*** Opening Data extract ***

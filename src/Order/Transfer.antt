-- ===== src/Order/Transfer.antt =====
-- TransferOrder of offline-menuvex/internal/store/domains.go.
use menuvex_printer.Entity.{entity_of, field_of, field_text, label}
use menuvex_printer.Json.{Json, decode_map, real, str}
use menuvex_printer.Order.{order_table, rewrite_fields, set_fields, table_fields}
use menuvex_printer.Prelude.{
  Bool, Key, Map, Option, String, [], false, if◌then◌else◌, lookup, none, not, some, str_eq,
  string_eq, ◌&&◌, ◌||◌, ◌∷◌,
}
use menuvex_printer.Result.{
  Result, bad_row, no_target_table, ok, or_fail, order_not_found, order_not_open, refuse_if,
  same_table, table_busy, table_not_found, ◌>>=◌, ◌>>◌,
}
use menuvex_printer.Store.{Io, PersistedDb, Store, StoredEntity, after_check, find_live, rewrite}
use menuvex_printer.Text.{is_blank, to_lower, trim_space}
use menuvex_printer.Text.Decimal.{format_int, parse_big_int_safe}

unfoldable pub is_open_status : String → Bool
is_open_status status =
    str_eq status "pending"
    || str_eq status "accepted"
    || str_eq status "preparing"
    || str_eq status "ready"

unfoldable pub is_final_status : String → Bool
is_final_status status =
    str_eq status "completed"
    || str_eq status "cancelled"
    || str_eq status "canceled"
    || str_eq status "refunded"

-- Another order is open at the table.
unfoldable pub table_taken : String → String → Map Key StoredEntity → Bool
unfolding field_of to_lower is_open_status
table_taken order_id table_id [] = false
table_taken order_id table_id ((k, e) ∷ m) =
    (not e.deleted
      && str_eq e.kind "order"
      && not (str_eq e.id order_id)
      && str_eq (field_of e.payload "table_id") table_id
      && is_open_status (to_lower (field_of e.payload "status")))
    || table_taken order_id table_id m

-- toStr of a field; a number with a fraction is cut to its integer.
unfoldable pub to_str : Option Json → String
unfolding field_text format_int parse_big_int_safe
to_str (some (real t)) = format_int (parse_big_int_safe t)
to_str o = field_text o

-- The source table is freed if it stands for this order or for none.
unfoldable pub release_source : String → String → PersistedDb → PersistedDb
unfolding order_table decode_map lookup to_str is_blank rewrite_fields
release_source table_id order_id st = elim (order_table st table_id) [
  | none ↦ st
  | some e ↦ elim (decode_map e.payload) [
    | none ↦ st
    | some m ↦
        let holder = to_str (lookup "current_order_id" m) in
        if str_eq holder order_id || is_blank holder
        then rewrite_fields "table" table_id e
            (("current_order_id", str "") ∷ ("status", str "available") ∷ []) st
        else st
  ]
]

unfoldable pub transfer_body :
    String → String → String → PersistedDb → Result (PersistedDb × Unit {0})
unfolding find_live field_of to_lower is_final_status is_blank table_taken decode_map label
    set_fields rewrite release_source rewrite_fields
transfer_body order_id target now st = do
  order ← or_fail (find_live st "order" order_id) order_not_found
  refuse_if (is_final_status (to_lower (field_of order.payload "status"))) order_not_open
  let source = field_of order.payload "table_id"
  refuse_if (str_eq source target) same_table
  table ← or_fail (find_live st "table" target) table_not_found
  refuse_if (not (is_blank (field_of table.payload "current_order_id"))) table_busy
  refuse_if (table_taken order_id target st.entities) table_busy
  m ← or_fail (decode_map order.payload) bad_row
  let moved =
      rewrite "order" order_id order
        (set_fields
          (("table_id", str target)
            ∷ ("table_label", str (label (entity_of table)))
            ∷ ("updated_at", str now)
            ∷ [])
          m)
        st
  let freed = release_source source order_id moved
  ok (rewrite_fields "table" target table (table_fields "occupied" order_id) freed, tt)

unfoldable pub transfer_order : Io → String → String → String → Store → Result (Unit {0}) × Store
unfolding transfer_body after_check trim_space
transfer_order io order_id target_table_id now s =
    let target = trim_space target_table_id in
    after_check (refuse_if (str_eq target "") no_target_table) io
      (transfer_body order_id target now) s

*** Closing Data extract ***
*** Opening Data extract ***

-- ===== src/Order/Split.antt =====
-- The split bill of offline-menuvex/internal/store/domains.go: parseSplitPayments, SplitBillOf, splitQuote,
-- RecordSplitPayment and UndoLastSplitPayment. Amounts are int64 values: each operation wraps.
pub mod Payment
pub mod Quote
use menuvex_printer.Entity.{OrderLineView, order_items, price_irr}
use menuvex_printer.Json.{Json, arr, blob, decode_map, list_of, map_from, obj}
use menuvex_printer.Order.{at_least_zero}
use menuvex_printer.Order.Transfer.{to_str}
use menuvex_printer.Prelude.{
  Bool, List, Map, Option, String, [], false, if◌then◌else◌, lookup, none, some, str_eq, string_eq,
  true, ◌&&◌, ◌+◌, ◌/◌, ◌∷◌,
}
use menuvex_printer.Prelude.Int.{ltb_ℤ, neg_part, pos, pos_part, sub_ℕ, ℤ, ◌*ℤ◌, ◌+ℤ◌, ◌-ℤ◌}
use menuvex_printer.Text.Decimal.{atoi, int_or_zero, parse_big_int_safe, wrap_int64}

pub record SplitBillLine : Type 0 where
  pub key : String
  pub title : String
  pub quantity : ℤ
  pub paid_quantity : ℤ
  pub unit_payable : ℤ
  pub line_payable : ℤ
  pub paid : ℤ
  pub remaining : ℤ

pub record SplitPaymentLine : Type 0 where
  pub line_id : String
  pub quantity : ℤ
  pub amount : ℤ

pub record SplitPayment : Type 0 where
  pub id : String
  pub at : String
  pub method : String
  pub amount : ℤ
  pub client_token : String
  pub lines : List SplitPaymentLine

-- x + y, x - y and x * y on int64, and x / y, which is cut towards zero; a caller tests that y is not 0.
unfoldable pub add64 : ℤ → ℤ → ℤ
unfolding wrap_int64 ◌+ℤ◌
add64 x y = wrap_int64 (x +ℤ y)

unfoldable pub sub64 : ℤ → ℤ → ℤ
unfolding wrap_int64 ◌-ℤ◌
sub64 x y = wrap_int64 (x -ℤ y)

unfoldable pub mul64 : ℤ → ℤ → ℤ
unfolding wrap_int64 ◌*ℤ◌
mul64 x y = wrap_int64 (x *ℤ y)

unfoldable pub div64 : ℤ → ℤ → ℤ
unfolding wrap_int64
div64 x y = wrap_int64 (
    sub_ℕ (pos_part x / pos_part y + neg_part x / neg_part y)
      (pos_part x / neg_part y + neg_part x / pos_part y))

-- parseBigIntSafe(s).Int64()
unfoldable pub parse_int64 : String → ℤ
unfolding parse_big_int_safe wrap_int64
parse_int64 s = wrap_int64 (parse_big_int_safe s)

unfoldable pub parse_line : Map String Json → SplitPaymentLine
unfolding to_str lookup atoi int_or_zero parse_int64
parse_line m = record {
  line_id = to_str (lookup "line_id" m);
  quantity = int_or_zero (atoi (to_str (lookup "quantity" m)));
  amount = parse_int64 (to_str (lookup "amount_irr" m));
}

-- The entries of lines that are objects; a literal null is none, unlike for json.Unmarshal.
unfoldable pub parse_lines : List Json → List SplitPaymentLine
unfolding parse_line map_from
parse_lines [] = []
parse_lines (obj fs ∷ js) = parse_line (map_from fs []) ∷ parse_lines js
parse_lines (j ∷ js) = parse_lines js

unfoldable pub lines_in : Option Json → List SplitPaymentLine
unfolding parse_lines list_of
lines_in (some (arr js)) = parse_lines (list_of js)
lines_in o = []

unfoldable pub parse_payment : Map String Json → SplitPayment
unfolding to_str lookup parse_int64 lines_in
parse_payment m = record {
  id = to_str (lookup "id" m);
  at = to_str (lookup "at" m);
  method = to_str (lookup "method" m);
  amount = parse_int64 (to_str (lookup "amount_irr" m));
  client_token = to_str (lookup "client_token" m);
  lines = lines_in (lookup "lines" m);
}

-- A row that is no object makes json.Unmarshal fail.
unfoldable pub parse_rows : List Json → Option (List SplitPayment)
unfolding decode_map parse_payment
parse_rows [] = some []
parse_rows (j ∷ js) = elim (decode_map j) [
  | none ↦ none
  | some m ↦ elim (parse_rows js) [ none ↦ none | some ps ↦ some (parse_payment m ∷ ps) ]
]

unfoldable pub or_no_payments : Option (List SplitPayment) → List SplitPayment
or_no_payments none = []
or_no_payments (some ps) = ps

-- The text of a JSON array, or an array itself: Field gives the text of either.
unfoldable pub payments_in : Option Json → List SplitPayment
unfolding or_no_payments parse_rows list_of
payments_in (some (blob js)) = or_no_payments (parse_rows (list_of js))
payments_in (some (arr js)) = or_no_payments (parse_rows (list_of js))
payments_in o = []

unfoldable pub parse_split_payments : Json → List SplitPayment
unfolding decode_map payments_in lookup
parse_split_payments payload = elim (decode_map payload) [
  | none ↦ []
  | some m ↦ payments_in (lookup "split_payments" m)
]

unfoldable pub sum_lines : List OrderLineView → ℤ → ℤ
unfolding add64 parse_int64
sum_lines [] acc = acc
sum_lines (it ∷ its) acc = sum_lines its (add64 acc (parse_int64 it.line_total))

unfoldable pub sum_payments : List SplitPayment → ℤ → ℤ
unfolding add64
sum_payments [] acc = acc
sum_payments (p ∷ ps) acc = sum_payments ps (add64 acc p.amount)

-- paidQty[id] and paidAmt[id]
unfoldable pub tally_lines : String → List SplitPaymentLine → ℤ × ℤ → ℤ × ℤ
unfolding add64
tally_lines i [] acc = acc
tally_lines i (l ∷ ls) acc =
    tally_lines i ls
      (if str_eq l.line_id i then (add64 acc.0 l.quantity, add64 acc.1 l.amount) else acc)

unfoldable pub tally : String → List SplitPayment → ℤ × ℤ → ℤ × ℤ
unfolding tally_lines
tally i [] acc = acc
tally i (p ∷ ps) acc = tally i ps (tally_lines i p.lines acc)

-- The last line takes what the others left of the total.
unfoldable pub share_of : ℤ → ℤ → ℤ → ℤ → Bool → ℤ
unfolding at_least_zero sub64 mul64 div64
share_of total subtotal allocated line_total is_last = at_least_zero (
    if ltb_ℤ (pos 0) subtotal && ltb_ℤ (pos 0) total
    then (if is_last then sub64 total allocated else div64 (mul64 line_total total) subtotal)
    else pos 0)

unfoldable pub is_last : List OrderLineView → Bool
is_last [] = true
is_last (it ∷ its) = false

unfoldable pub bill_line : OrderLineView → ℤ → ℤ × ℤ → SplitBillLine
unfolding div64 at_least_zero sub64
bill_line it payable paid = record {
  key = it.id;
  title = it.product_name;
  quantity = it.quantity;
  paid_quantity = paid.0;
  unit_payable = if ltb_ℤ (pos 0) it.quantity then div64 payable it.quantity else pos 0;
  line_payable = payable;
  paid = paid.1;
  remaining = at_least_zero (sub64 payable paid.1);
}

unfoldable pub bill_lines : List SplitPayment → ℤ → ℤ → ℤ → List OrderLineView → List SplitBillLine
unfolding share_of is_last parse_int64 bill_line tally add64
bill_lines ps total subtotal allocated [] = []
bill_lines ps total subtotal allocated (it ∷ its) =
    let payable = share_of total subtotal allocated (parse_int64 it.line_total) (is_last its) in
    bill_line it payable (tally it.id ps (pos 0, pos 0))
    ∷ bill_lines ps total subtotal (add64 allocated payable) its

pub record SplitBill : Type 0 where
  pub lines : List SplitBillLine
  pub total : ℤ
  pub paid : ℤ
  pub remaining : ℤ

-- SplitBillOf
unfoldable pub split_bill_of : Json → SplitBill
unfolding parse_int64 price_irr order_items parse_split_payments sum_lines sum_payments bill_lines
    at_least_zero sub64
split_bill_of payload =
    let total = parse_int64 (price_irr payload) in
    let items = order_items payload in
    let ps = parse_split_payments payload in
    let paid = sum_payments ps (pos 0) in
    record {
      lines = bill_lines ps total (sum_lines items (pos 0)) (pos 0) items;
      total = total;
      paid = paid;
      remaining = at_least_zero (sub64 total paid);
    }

*** Closing Data extract ***

Work to complete:
Among the entries above, find every line holding "else" and copy it.

Answer space:
  Bool, Key, Map, Option, String, [], false, if◌then◌else◌, lookup, none, not, some, str_eq,
        else st
  Bool, List, Map, Option, String, [], false, if◌then◌else◌, lookup, none, some, str_eq, string_eq,
      (if str_eq l.line_id i then (add64 acc.0 l.quantity, add64 acc.1 l.amount) else acc)
    then (if is_last then sub64 total allocated else div64 (mul64 line_total total) subtotal)
    else pos 0)
  unit_payable = if ltb_ℤ (pos 0) it.quantity then div64 payable it.quantity else pos 0;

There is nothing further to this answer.